RECORD EXTRACTS:
-- ===== src/Effective/Sound/Dropped.antt =====
-- Deleting a policy and archiving a profile, which drop rows, are sound writes.
use mathlib.Core.List.{flat_map}
use tak_mdm.Base.{
  ℕ, String, Bool, true, false, ◌≡◌, refl, ap, ◌∙◌, none, some, ◌++◌, In, keep, if◌then◌else◌, inl,
  inr, Bool-cases, Option-cases, ◌&&◌, not,
}
use tak_mdm.Base.Flat.{keep-dropped}
use tak_mdm.Base.Membership.{In-keep→}
use tak_mdm.Base.Rows.{OneRow-keep}
use tak_mdm.Base.Text.{text_eq, text_eq_iff}
use tak_mdm.Breach.{is_engaged}
use tak_mdm.Deployment.{is_archived}
use tak_mdm.Effective.{
  reaches, policy_by_id, assignment_input, profile_input, breach_assignments, gather_assignments,
  gather_profile_assignments,
}
use tak_mdm.Effective.Affected.{IsConsistent, affected_by_profile}
use tak_mdm.Effective.Calls.{or_same}
use tak_mdm.Effective.Consistent.{put_profile-IsConsistent}
use tak_mdm.Effective.Invalidation.{Fleet, devices_affected_by_profile}
use tak_mdm.Effective.Reach.Deleted.{deleted_gathers}
use tak_mdm.Effective.Reach.Profiles.{put_profile_unreached}
use tak_mdm.Effective.Rows.{Policy, PolicyProfile, Assignment, Device, Tables, id_of}
use tak_mdm.Effective.Sound.{IsSound, IsSound-refl, invalidated-IsSound}
use tak_mdm.Effective.Writes.{
  archive_profile, delete_policy, drop_assignments, put_profile, deploy_profile, set_archived,
  with_tables,
}
use tak_mdm.Resolver.Resolve.{Registry}

deleted-IsSound :
    (id : String) (p : Policy) (f : Fleet)
    → IsConsistent f.tables
    → policy_by_id id f.tables.policies ≡ some p
    → is_archived p.deployment ≡ true
    → p.profile_id ≡ none
    → IsSound f (
        with_tables f (record (drop_assignments id f.tables) {
          policies = keep (λ q. not (text_eq q.id id)) f.tables.policies;
        }))
unfolding drop_assignments
deleted-IsSound id p f ok found archived alone = record {
  consistent = record {
    one_policy =
        OneRow-keep (λ (q : Policy). q.id) (λ q. not (text_eq q.id id)) f.tables.policies
          ok.one_policy;
    one_profile = ok.one_profile;
    one_assignment =
        OneRow-keep (λ (a : Assignment). a.id) (λ a. not (text_eq a.policy_id id))
          f.tables.assignments ok.one_assignment;
    assigned = λ a i.
        ok.assigned a (In-keep→ (λ b. not (text_eq b.policy_id id)) f.tables.assignments a i).0;
    profile_assigned = ok.profile_assigned;
  };
  devices = refl;
  quiet =
      λ d c i e h. (i, e, λ u reg. deleted_gathers f.tables ok id p found archived alone u reg d);
}

pub delete_policy-IsSound :
    (id : String) (f : Fleet) → IsConsistent f.tables → IsSound f (or_same f (delete_policy id f))
unfolding delete_policy drop_assignments
delete_policy-IsSound id f ok = elim (Option-cases (policy_by_id id f.tables.policies)) [
  | inl e ↦ rw (delete_policy, e) (IsSound-refl f ok)
  | inr (p, e) ↦ elim (Bool-cases (is_archived p.deployment)) [
    | inl a ↦ elim (Option-cases p.profile_id) [
      | inl n ↦ rw (delete_policy, e, a, n) (deleted-IsSound id p f ok e a n)
      | inr (k, n) ↦ rw (delete_policy, e, a, n) (IsSound-refl f ok)
    ]
    | inr a ↦ rw (delete_policy, e, a) (IsSound-refl f ok)
  ]
]

module _ (f : Fleet) (ok : IsConsistent f.tables) (id : String) (t : Tables)
    (same : t.profile_assignments ≡ f.tables.profile_assignments) where
  -- The assignments of a profile reach none of the devices that it does not affect.
  dropped_gathers :
      (d : Device)
      → In d f.devices
      → (In (id_of d) (devices_affected_by_profile id f) → ⊥)
      → (u : ℕ) (reg : Registry)
      → gather_assignments u reg
          (record t {
            profile_assignments = keep (λ pa. not (text_eq pa.profile_id id)) t.profile_assignments;
          })
          d
        ≡ gather_assignments u reg t d
  unfolding gather_assignments gather_profile_assignments
  dropped_gathers d i out u reg =
      ap
        (λ rows.
          if is_engaged d.breached
          then breach_assignments reg t
          else flat_map (assignment_input u reg t.policies)
              (keep (λ a. a.enabled && reaches d a.device_id a.group_id) t.assignments)
            ++ flat_map (profile_input u reg t.profiles t.policies) rows)
        (keep-dropped (λ pa. pa.enabled && reaches d pa.device_id pa.group_id)
          (λ pa. text_eq pa.profile_id id) t.profile_assignments
          (λ pa j e. elim (Bool-cases (reaches d pa.device_id pa.group_id)) [
            | inl h ↦ absurd (
                out (
                  affected_by_profile f ok d i id pa (rw same at j)
                    ((text_eq_iff pa.profile_id id).0 e) h))
            | inr h ↦ rw h (off pa.enabled)
          ]))
    where
      off : (x : Bool) → x && false ≡ false
      off true = refl
      off false = refl

pub archive_profile-IsSound :
    (now : ℕ) (profile : PolicyProfile) (f : Fleet)
    → IsConsistent f.tables
    → IsSound f (archive_profile now profile f)
unfolding archive_profile
archive_profile-IsSound now profile f ok = elim (Bool-cases (is_archived profile.deployment)) [
  | inl a ↦ rw (archive_profile, a) (IsSound-refl f ok)
  | inr a ↦
      rw (archive_profile, a)
        (invalidated-IsSound (devices_affected_by_profile profile.id f) f without
          (record {
            one_policy = kept.one_policy;
            one_profile = kept.one_profile;
            one_assignment = kept.one_assignment;
            assigned = kept.assigned;
            profile_assigned = λ pa i.
                kept.profile_assigned pa
                  (In-keep→ (λ x. not (text_eq x.profile_id profile.id)) marked.profile_assignments
                    pa i).0;
          })
          (λ d i out u reg.
            dropped_gathers f ok profile.id marked (unfold put_profile in refl) d i out u reg
            ∙ put_profile_unreached f ok d i profile.id (deploy_profile (set_archived (some now)))
                (λ p. refl) (λ p. refl) out u reg))
]
  where
    marked : Tables
    marked = put_profile profile.id (deploy_profile (set_archived (some now))) f.tables

    without : Tables
    without = record marked {
      profile_assignments =
          keep (λ pa. not (text_eq pa.profile_id profile.id)) marked.profile_assignments;
    }

    kept : IsConsistent marked
    kept =
        put_profile-IsConsistent profile.id (deploy_profile (set_archived (some now))) f.tables
          (λ p. refl) ok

PROBLEM DESCRIPTION:
Reproduce the material above exactly; please quote every line of it.

TASK SOLUTION:
-- ===== src/Effective/Sound/Dropped.antt =====
-- Deleting a policy and archiving a profile, which drop rows, are sound writes.
use mathlib.Core.List.{flat_map}
use tak_mdm.Base.{
  ℕ, String, Bool, true, false, ◌≡◌, refl, ap, ◌∙◌, none, some, ◌++◌, In, keep, if◌then◌else◌, inl,
  inr, Bool-cases, Option-cases, ◌&&◌, not,
}
use tak_mdm.Base.Flat.{keep-dropped}
use tak_mdm.Base.Membership.{In-keep→}
use tak_mdm.Base.Rows.{OneRow-keep}
use tak_mdm.Base.Text.{text_eq, text_eq_iff}
use tak_mdm.Breach.{is_engaged}
use tak_mdm.Deployment.{is_archived}
use tak_mdm.Effective.{
  reaches, policy_by_id, assignment_input, profile_input, breach_assignments, gather_assignments,
  gather_profile_assignments,
}
use tak_mdm.Effective.Affected.{IsConsistent, affected_by_profile}
use tak_mdm.Effective.Calls.{or_same}
use tak_mdm.Effective.Consistent.{put_profile-IsConsistent}
use tak_mdm.Effective.Invalidation.{Fleet, devices_affected_by_profile}
use tak_mdm.Effective.Reach.Deleted.{deleted_gathers}
use tak_mdm.Effective.Reach.Profiles.{put_profile_unreached}
use tak_mdm.Effective.Rows.{Policy, PolicyProfile, Assignment, Device, Tables, id_of}
use tak_mdm.Effective.Sound.{IsSound, IsSound-refl, invalidated-IsSound}
use tak_mdm.Effective.Writes.{
  archive_profile, delete_policy, drop_assignments, put_profile, deploy_profile, set_archived,
  with_tables,
}
use tak_mdm.Resolver.Resolve.{Registry}

deleted-IsSound :
    (id : String) (p : Policy) (f : Fleet)
    → IsConsistent f.tables
    → policy_by_id id f.tables.policies ≡ some p
    → is_archived p.deployment ≡ true
    → p.profile_id ≡ none
    → IsSound f (
        with_tables f (record (drop_assignments id f.tables) {
          policies = keep (λ q. not (text_eq q.id id)) f.tables.policies;
        }))
unfolding drop_assignments
deleted-IsSound id p f ok found archived alone = record {
  consistent = record {
    one_policy =
        OneRow-keep (λ (q : Policy). q.id) (λ q. not (text_eq q.id id)) f.tables.policies
          ok.one_policy;
    one_profile = ok.one_profile;
    one_assignment =
        OneRow-keep (λ (a : Assignment). a.id) (λ a. not (text_eq a.policy_id id))
          f.tables.assignments ok.one_assignment;
    assigned = λ a i.
        ok.assigned a (In-keep→ (λ b. not (text_eq b.policy_id id)) f.tables.assignments a i).0;
    profile_assigned = ok.profile_assigned;
  };
  devices = refl;
  quiet =
      λ d c i e h. (i, e, λ u reg. deleted_gathers f.tables ok id p found archived alone u reg d);
}

pub delete_policy-IsSound :
    (id : String) (f : Fleet) → IsConsistent f.tables → IsSound f (or_same f (delete_policy id f))
unfolding delete_policy drop_assignments
delete_policy-IsSound id f ok = elim (Option-cases (policy_by_id id f.tables.policies)) [
  | inl e ↦ rw (delete_policy, e) (IsSound-refl f ok)
  | inr (p, e) ↦ elim (Bool-cases (is_archived p.deployment)) [
    | inl a ↦ elim (Option-cases p.profile_id) [
      | inl n ↦ rw (delete_policy, e, a, n) (deleted-IsSound id p f ok e a n)
      | inr (k, n) ↦ rw (delete_policy, e, a, n) (IsSound-refl f ok)
    ]
    | inr a ↦ rw (delete_policy, e, a) (IsSound-refl f ok)
  ]
]

module _ (f : Fleet) (ok : IsConsistent f.tables) (id : String) (t : Tables)
    (same : t.profile_assignments ≡ f.tables.profile_assignments) where
  -- The assignments of a profile reach none of the devices that it does not affect.
  dropped_gathers :
      (d : Device)
      → In d f.devices
      → (In (id_of d) (devices_affected_by_profile id f) → ⊥)
      → (u : ℕ) (reg : Registry)
      → gather_assignments u reg
          (record t {
            profile_assignments = keep (λ pa. not (text_eq pa.profile_id id)) t.profile_assignments;
          })
          d
        ≡ gather_assignments u reg t d
  unfolding gather_assignments gather_profile_assignments
  dropped_gathers d i out u reg =
      ap
        (λ rows.
          if is_engaged d.breached
          then breach_assignments reg t
          else flat_map (assignment_input u reg t.policies)
              (keep (λ a. a.enabled && reaches d a.device_id a.group_id) t.assignments)
            ++ flat_map (profile_input u reg t.profiles t.policies) rows)
        (keep-dropped (λ pa. pa.enabled && reaches d pa.device_id pa.group_id)
          (λ pa. text_eq pa.profile_id id) t.profile_assignments
          (λ pa j e. elim (Bool-cases (reaches d pa.device_id pa.group_id)) [
            | inl h ↦ absurd (
                out (
                  affected_by_profile f ok d i id pa (rw same at j)
                    ((text_eq_iff pa.profile_id id).0 e) h))
            | inr h ↦ rw h (off pa.enabled)
          ]))
    where
      off : (x : Bool) → x && false ≡ false
      off true = refl
      off false = refl

pub archive_profile-IsSound :
    (now : ℕ) (profile : PolicyProfile) (f : Fleet)
    → IsConsistent f.tables
    → IsSound f (archive_profile now profile f)
unfolding archive_profile
archive_profile-IsSound now profile f ok = elim (Bool-cases (is_archived profile.deployment)) [
  | inl a ↦ rw (archive_profile, a) (IsSound-refl f ok)
  | inr a ↦
      rw (archive_profile, a)
        (invalidated-IsSound (devices_affected_by_profile profile.id f) f without
          (record {
            one_policy = kept.one_policy;
            one_profile = kept.one_profile;
            one_assignment = kept.one_assignment;
            assigned = kept.assigned;
            profile_assigned = λ pa i.
                kept.profile_assigned pa
                  (In-keep→ (λ x. not (text_eq x.profile_id profile.id)) marked.profile_assignments
                    pa i).0;
          })
          (λ d i out u reg.
            dropped_gathers f ok profile.id marked (unfold put_profile in refl) d i out u reg
            ∙ put_profile_unreached f ok d i profile.id (deploy_profile (set_archived (some now)))
                (λ p. refl) (λ p. refl) out u reg))
]
  where
    marked : Tables
    marked = put_profile profile.id (deploy_profile (set_archived (some now))) f.tables

    without : Tables
    without = record marked {
      profile_assignments =
          keep (λ pa. not (text_eq pa.profile_id profile.id)) marked.profile_assignments;
    }

    kept : IsConsistent marked
    kept =
        put_profile-IsConsistent profile.id (deploy_profile (set_archived (some now))) f.tables
          (λ p. refl) ok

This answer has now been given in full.